REQUIREMENT:
What you return must be an exact copy of the lines in the listing below between the line holding "-- the most" and the line holding "(rotate-max fails retention.max_archives files) over", inclusive, and nothing more.

RECORDS SHOWN:

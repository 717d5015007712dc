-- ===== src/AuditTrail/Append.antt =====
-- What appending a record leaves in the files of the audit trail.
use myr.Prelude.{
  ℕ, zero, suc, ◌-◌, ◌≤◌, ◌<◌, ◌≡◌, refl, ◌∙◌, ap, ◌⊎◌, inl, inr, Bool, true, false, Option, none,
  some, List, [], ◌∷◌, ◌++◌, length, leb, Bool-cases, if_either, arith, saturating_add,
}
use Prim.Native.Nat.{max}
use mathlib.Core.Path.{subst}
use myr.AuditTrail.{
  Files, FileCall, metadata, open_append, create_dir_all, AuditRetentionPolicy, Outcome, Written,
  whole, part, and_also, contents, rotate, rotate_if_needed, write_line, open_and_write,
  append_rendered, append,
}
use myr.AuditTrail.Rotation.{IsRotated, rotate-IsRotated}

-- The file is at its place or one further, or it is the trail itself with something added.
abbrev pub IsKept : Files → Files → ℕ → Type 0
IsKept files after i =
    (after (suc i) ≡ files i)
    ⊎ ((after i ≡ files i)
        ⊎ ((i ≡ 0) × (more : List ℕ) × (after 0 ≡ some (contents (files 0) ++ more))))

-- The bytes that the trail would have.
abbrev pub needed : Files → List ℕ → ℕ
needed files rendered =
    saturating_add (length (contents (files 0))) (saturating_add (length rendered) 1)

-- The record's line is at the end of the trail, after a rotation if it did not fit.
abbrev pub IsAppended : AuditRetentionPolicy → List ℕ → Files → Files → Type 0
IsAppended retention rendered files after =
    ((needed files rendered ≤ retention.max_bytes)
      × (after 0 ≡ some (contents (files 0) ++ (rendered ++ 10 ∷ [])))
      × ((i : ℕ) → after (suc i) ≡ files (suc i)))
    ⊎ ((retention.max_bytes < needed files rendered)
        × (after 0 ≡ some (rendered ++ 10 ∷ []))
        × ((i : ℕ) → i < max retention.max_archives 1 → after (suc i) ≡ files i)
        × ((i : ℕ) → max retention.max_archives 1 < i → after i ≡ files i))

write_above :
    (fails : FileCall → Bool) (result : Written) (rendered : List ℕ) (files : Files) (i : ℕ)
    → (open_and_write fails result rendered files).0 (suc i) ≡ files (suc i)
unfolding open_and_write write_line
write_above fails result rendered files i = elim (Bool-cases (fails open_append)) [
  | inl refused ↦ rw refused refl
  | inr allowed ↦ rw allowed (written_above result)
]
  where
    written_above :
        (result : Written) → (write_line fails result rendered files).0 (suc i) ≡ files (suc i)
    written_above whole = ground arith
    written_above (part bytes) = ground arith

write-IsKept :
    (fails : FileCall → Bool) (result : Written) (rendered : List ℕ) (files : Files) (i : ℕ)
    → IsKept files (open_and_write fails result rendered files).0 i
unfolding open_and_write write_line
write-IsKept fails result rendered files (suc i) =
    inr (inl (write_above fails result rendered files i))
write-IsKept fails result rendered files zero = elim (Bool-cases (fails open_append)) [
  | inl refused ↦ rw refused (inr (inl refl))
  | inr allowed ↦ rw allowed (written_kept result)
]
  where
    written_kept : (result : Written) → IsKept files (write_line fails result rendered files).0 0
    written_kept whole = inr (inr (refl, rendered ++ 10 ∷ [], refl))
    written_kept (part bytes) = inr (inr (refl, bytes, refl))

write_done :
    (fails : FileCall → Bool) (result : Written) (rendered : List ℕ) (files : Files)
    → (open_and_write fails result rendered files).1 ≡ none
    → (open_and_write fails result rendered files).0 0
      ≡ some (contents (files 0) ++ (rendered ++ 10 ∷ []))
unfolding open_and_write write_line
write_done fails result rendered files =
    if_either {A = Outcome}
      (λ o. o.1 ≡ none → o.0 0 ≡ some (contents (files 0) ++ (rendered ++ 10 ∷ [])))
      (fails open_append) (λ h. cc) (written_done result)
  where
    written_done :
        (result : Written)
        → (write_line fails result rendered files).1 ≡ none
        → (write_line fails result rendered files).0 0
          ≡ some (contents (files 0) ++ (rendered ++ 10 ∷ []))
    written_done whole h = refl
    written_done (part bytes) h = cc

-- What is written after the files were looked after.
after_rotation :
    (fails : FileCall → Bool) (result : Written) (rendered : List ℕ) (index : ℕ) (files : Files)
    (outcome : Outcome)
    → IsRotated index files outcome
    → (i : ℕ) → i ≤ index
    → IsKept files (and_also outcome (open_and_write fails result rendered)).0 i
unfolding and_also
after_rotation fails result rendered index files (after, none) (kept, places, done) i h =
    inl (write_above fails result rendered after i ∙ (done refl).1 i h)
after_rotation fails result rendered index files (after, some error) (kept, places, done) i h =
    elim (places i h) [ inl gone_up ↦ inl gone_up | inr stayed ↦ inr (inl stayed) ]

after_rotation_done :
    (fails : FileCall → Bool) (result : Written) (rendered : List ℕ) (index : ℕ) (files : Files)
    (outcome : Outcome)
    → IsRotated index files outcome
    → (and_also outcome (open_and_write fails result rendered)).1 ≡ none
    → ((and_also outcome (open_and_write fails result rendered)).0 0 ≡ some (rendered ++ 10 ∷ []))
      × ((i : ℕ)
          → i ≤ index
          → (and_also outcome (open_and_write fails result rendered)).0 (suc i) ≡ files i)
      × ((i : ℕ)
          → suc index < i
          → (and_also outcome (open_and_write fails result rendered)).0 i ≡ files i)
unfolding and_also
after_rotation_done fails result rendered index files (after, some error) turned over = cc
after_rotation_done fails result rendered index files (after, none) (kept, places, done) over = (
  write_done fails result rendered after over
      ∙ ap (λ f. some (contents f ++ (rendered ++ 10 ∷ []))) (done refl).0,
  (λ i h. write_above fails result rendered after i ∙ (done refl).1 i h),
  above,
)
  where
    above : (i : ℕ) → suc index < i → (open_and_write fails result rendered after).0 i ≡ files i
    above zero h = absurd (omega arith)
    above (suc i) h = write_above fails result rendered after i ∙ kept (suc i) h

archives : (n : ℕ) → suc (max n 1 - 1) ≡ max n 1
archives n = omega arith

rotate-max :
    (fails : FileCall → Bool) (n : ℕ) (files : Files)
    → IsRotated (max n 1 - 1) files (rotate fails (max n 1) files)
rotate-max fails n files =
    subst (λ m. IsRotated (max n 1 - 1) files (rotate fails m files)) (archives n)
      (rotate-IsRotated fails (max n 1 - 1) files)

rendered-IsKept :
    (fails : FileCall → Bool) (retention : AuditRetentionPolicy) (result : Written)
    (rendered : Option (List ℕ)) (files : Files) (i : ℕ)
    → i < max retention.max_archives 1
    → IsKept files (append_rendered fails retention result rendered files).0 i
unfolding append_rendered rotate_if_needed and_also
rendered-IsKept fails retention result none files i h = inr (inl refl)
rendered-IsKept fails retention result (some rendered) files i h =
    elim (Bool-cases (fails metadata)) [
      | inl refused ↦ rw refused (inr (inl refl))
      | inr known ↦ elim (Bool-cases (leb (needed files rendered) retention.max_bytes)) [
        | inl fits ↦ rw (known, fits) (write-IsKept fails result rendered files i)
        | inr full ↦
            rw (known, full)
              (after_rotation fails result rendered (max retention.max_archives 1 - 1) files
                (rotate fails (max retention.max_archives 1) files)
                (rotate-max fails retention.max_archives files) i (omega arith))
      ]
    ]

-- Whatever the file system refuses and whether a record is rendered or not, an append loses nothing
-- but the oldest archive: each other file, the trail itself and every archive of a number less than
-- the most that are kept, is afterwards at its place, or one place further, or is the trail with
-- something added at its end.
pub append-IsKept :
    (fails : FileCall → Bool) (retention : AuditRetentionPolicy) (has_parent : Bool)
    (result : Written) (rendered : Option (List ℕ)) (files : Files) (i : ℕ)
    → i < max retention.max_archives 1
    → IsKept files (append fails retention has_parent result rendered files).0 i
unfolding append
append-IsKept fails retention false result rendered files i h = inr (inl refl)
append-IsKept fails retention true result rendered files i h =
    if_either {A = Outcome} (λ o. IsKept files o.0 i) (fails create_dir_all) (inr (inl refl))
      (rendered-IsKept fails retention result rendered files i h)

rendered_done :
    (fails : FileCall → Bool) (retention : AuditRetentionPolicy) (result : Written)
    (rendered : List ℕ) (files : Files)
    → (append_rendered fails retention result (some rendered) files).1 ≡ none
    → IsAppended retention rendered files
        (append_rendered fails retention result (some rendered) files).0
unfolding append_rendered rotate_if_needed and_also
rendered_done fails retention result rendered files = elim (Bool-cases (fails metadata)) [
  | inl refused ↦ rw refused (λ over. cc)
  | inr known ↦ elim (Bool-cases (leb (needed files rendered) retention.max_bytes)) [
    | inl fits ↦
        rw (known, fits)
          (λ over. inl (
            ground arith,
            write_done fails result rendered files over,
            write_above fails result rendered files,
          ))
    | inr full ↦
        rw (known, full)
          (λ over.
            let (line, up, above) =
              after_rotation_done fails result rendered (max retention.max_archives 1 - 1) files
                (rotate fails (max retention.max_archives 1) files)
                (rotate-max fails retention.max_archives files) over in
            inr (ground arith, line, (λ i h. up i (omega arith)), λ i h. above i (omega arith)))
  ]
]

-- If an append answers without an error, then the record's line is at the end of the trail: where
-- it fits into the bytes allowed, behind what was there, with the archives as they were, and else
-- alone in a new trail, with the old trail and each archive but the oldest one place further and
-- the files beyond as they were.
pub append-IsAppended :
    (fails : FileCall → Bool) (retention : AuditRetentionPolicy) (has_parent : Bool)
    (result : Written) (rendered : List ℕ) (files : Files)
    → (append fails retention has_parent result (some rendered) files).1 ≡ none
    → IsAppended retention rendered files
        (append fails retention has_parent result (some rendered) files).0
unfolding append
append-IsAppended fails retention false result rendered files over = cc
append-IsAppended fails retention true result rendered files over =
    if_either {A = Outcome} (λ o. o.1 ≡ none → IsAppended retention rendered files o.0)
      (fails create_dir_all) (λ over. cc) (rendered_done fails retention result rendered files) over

SOLUTION FOR THIS TASK:
-- the most that are kept, is afterwards at its place, or one place further, or is the trail with
-- something added at its end.
pub append-IsKept :
    (fails : FileCall → Bool) (retention : AuditRetentionPolicy) (has_parent : Bool)
    (result : Written) (rendered : Option (List ℕ)) (files : Files) (i : ℕ)
    → i < max retention.max_archives 1
    → IsKept files (append fails retention has_parent result rendered files).0 i
unfolding append
append-IsKept fails retention false result rendered files i h = inr (inl refl)
append-IsKept fails retention true result rendered files i h =
    if_either {A = Outcome} (λ o. IsKept files o.0 i) (fails create_dir_all) (inr (inl refl))
      (rendered-IsKept fails retention result rendered files i h)

rendered_done :
    (fails : FileCall → Bool) (retention : AuditRetentionPolicy) (result : Written)
    (rendered : List ℕ) (files : Files)
    → (append_rendered fails retention result (some rendered) files).1 ≡ none
    → IsAppended retention rendered files
        (append_rendered fails retention result (some rendered) files).0
unfolding append_rendered rotate_if_needed and_also
rendered_done fails retention result rendered files = elim (Bool-cases (fails metadata)) [
  | inl refused ↦ rw refused (λ over. cc)
  | inr known ↦ elim (Bool-cases (leb (needed files rendered) retention.max_bytes)) [
    | inl fits ↦
        rw (known, fits)
          (λ over. inl (
            ground arith,
            write_done fails result rendered files over,
            write_above fails result rendered files,
          ))
    | inr full ↦
        rw (known, full)
          (λ over.
            let (line, up, above) =
              after_rotation_done fails result rendered (max retention.max_archives 1 - 1) files
                (rotate fails (max retention.max_archives 1) files)
                (rotate-max fails retention.max_archives files) over in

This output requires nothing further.